§ **Supplied data**
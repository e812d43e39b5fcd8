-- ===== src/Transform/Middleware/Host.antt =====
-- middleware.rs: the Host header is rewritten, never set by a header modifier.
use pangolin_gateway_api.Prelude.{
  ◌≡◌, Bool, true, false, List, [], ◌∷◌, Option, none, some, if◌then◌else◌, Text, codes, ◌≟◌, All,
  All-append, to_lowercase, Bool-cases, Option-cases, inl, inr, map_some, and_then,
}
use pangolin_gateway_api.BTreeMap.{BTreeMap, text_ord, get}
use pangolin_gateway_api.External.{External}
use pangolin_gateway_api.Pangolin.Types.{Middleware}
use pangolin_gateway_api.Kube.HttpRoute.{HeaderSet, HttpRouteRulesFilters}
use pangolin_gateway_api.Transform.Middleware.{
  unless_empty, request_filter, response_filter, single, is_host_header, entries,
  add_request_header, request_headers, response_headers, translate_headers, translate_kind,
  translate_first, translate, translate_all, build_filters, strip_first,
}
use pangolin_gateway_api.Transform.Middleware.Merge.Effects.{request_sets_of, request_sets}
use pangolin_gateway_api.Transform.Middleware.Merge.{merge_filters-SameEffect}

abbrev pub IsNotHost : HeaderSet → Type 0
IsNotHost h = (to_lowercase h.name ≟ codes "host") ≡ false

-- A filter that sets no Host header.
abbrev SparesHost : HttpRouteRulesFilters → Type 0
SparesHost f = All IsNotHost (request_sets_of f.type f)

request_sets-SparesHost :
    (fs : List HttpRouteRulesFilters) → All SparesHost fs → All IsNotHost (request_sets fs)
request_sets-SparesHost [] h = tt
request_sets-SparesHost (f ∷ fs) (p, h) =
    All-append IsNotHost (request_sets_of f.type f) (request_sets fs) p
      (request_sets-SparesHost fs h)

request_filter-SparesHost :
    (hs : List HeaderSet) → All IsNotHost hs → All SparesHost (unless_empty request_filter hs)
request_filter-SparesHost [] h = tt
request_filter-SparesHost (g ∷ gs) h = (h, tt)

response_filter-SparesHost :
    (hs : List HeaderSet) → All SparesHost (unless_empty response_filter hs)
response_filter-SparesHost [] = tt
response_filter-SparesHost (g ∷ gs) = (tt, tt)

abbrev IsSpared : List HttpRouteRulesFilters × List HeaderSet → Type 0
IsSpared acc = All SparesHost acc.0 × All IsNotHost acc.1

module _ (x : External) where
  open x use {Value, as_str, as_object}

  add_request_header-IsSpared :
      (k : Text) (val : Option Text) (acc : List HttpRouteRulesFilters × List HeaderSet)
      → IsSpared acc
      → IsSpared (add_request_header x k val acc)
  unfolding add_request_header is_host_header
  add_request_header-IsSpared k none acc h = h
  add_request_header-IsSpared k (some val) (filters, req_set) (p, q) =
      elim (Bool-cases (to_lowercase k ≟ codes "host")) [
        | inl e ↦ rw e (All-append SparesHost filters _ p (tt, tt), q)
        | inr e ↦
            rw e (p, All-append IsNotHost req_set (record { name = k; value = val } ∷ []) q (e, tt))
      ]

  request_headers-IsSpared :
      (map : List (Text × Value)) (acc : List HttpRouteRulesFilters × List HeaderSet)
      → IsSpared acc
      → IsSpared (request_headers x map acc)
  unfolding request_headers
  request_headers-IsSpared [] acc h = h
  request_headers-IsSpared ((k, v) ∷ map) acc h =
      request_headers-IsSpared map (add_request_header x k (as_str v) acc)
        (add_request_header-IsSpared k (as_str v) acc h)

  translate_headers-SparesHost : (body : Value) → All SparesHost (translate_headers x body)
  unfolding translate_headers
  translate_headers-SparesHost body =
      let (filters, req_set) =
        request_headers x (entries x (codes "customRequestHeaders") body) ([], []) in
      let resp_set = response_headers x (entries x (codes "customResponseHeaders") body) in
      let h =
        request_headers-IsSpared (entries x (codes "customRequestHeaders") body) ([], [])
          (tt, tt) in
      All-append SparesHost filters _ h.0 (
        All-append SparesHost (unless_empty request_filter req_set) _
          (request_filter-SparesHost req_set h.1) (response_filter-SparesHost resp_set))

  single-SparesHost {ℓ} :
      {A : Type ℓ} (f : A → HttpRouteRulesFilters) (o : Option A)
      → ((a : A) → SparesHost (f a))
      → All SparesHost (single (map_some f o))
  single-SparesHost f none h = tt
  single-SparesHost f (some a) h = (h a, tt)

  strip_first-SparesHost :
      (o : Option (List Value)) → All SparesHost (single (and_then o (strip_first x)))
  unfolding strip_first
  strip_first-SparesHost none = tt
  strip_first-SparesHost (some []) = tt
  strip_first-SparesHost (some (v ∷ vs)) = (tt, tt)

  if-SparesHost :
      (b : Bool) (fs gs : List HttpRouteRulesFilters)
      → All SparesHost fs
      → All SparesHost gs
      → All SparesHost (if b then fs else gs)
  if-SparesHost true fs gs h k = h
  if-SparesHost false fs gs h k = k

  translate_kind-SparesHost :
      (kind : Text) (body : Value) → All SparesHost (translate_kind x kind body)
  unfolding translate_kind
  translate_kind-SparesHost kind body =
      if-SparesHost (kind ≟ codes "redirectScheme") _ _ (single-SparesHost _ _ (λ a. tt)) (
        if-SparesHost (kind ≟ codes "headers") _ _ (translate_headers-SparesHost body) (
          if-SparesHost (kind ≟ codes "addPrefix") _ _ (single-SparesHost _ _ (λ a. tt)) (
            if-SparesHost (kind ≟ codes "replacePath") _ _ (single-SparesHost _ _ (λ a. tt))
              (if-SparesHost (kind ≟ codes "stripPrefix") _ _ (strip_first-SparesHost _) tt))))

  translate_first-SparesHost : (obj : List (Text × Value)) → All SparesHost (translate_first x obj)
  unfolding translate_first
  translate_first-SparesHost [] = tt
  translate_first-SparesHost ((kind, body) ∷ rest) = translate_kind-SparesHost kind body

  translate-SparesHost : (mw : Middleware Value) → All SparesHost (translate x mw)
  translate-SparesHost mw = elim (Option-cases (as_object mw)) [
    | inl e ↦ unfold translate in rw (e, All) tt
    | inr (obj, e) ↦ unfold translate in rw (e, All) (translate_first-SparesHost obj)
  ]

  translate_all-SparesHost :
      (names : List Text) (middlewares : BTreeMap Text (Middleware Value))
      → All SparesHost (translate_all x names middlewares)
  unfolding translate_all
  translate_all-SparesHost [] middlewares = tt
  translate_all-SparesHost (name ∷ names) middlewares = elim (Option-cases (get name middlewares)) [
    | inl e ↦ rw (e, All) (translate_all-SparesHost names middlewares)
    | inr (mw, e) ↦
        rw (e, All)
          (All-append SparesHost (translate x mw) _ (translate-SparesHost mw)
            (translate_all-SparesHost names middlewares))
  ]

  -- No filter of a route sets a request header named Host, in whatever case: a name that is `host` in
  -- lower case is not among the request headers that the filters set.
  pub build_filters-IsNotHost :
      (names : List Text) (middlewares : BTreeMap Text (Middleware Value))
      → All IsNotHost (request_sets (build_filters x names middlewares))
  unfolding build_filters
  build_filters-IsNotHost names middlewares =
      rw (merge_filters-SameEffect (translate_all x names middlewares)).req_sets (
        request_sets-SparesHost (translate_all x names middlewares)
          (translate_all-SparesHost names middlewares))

§ **Task statement**
Everything in the listing must be written out again without any change.

§ **Answer space**
repository e812d43e39b5fcd8
-- ===== src/Transform/Middleware/Host.antt =====
-- middleware.rs: the Host header is rewritten, never set by a header modifier.
use pangolin_gateway_api.Prelude.{
  ◌≡◌, Bool, true, false, List, [], ◌∷◌, Option, none, some, if◌then◌else◌, Text, codes, ◌≟◌, All,
  All-append, to_lowercase, Bool-cases, Option-cases, inl, inr, map_some, and_then,
}
use pangolin_gateway_api.BTreeMap.{BTreeMap, text_ord, get}
use pangolin_gateway_api.External.{External}
use pangolin_gateway_api.Pangolin.Types.{Middleware}
use pangolin_gateway_api.Kube.HttpRoute.{HeaderSet, HttpRouteRulesFilters}
use pangolin_gateway_api.Transform.Middleware.{
  unless_empty, request_filter, response_filter, single, is_host_header, entries,
  add_request_header, request_headers, response_headers, translate_headers, translate_kind,
  translate_first, translate, translate_all, build_filters, strip_first,
}
use pangolin_gateway_api.Transform.Middleware.Merge.Effects.{request_sets_of, request_sets}
use pangolin_gateway_api.Transform.Middleware.Merge.{merge_filters-SameEffect}

abbrev pub IsNotHost : HeaderSet → Type 0
IsNotHost h = (to_lowercase h.name ≟ codes "host") ≡ false

-- A filter that sets no Host header.
abbrev SparesHost : HttpRouteRulesFilters → Type 0
SparesHost f = All IsNotHost (request_sets_of f.type f)

request_sets-SparesHost :
    (fs : List HttpRouteRulesFilters) → All SparesHost fs → All IsNotHost (request_sets fs)
request_sets-SparesHost [] h = tt
request_sets-SparesHost (f ∷ fs) (p, h) =
    All-append IsNotHost (request_sets_of f.type f) (request_sets fs) p
      (request_sets-SparesHost fs h)

request_filter-SparesHost :
    (hs : List HeaderSet) → All IsNotHost hs → All SparesHost (unless_empty request_filter hs)
request_filter-SparesHost [] h = tt
request_filter-SparesHost (g ∷ gs) h = (h, tt)

response_filter-SparesHost :
    (hs : List HeaderSet) → All SparesHost (unless_empty response_filter hs)
response_filter-SparesHost [] = tt
response_filter-SparesHost (g ∷ gs) = (tt, tt)

abbrev IsSpared : List HttpRouteRulesFilters × List HeaderSet → Type 0
IsSpared acc = All SparesHost acc.0 × All IsNotHost acc.1

module _ (x : External) where
  open x use {Value, as_str, as_object}

  add_request_header-IsSpared :
      (k : Text) (val : Option Text) (acc : List HttpRouteRulesFilters × List HeaderSet)
      → IsSpared acc
      → IsSpared (add_request_header x k val acc)
  unfolding add_request_header is_host_header
  add_request_header-IsSpared k none acc h = h
  add_request_header-IsSpared k (some val) (filters, req_set) (p, q) =
      elim (Bool-cases (to_lowercase k ≟ codes "host")) [
        | inl e ↦ rw e (All-append SparesHost filters _ p (tt, tt), q)
        | inr e ↦
            rw e (p, All-append IsNotHost req_set (record { name = k; value = val } ∷ []) q (e, tt))
      ]

  request_headers-IsSpared :
      (map : List (Text × Value)) (acc : List HttpRouteRulesFilters × List HeaderSet)
      → IsSpared acc
      → IsSpared (request_headers x map acc)
  unfolding request_headers
  request_headers-IsSpared [] acc h = h
  request_headers-IsSpared ((k, v) ∷ map) acc h =
      request_headers-IsSpared map (add_request_header x k (as_str v) acc)
        (add_request_header-IsSpared k (as_str v) acc h)

  translate_headers-SparesHost : (body : Value) → All SparesHost (translate_headers x body)
  unfolding translate_headers
  translate_headers-SparesHost body =
      let (filters, req_set) =
        request_headers x (entries x (codes "customRequestHeaders") body) ([], []) in
      let resp_set = response_headers x (entries x (codes "customResponseHeaders") body) in
      let h =
        request_headers-IsSpared (entries x (codes "customRequestHeaders") body) ([], [])
          (tt, tt) in
      All-append SparesHost filters _ h.0 (
        All-append SparesHost (unless_empty request_filter req_set) _
          (request_filter-SparesHost req_set h.1) (response_filter-SparesHost resp_set))

  single-SparesHost {ℓ} :
      {A : Type ℓ} (f : A → HttpRouteRulesFilters) (o : Option A)
      → ((a : A) → SparesHost (f a))
      → All SparesHost (single (map_some f o))
  single-SparesHost f none h = tt
  single-SparesHost f (some a) h = (h a, tt)

  strip_first-SparesHost :
      (o : Option (List Value)) → All SparesHost (single (and_then o (strip_first x)))
  unfolding strip_first
  strip_first-SparesHost none = tt
  strip_first-SparesHost (some []) = tt
  strip_first-SparesHost (some (v ∷ vs)) = (tt, tt)

  if-SparesHost :
      (b : Bool) (fs gs : List HttpRouteRulesFilters)
      → All SparesHost fs
      → All SparesHost gs
      → All SparesHost (if b then fs else gs)
  if-SparesHost true fs gs h k = h
  if-SparesHost false fs gs h k = k

  translate_kind-SparesHost :
      (kind : Text) (body : Value) → All SparesHost (translate_kind x kind body)
  unfolding translate_kind
  translate_kind-SparesHost kind body =
      if-SparesHost (kind ≟ codes "redirectScheme") _ _ (single-SparesHost _ _ (λ a. tt)) (
        if-SparesHost (kind ≟ codes "headers") _ _ (translate_headers-SparesHost body) (
          if-SparesHost (kind ≟ codes "addPrefix") _ _ (single-SparesHost _ _ (λ a. tt)) (
            if-SparesHost (kind ≟ codes "replacePath") _ _ (single-SparesHost _ _ (λ a. tt))
              (if-SparesHost (kind ≟ codes "stripPrefix") _ _ (strip_first-SparesHost _) tt))))

  translate_first-SparesHost : (obj : List (Text × Value)) → All SparesHost (translate_first x obj)
  unfolding translate_first
  translate_first-SparesHost [] = tt
  translate_first-SparesHost ((kind, body) ∷ rest) = translate_kind-SparesHost kind body

  translate-SparesHost : (mw : Middleware Value) → All SparesHost (translate x mw)
  translate-SparesHost mw = elim (Option-cases (as_object mw)) [
    | inl e ↦ unfold translate in rw (e, All) tt
    | inr (obj, e) ↦ unfold translate in rw (e, All) (translate_first-SparesHost obj)
  ]

  translate_all-SparesHost :
      (names : List Text) (middlewares : BTreeMap Text (Middleware Value))
      → All SparesHost (translate_all x names middlewares)
  unfolding translate_all
  translate_all-SparesHost [] middlewares = tt
  translate_all-SparesHost (name ∷ names) middlewares = elim (Option-cases (get name middlewares)) [
    | inl e ↦ rw (e, All) (translate_all-SparesHost names middlewares)
    | inr (mw, e) ↦
        rw (e, All)
          (All-append SparesHost (translate x mw) _ (translate-SparesHost mw)
            (translate_all-SparesHost names middlewares))
  ]

  -- No filter of a route sets a request header named Host, in whatever case: a name that is `host` in
  -- lower case is not among the request headers that the filters set.
  pub build_filters-IsNotHost :
      (names : List Text) (middlewares : BTreeMap Text (Middleware Value))
      → All IsNotHost (request_sets (build_filters x names middlewares))
  unfolding build_filters
  build_filters-IsNotHost names middlewares =
      rw (merge_filters-SameEffect (translate_all x names middlewares)).req_sets (
        request_sets-SparesHost (translate_all x names middlewares)
          (translate_all-SparesHost names middlewares))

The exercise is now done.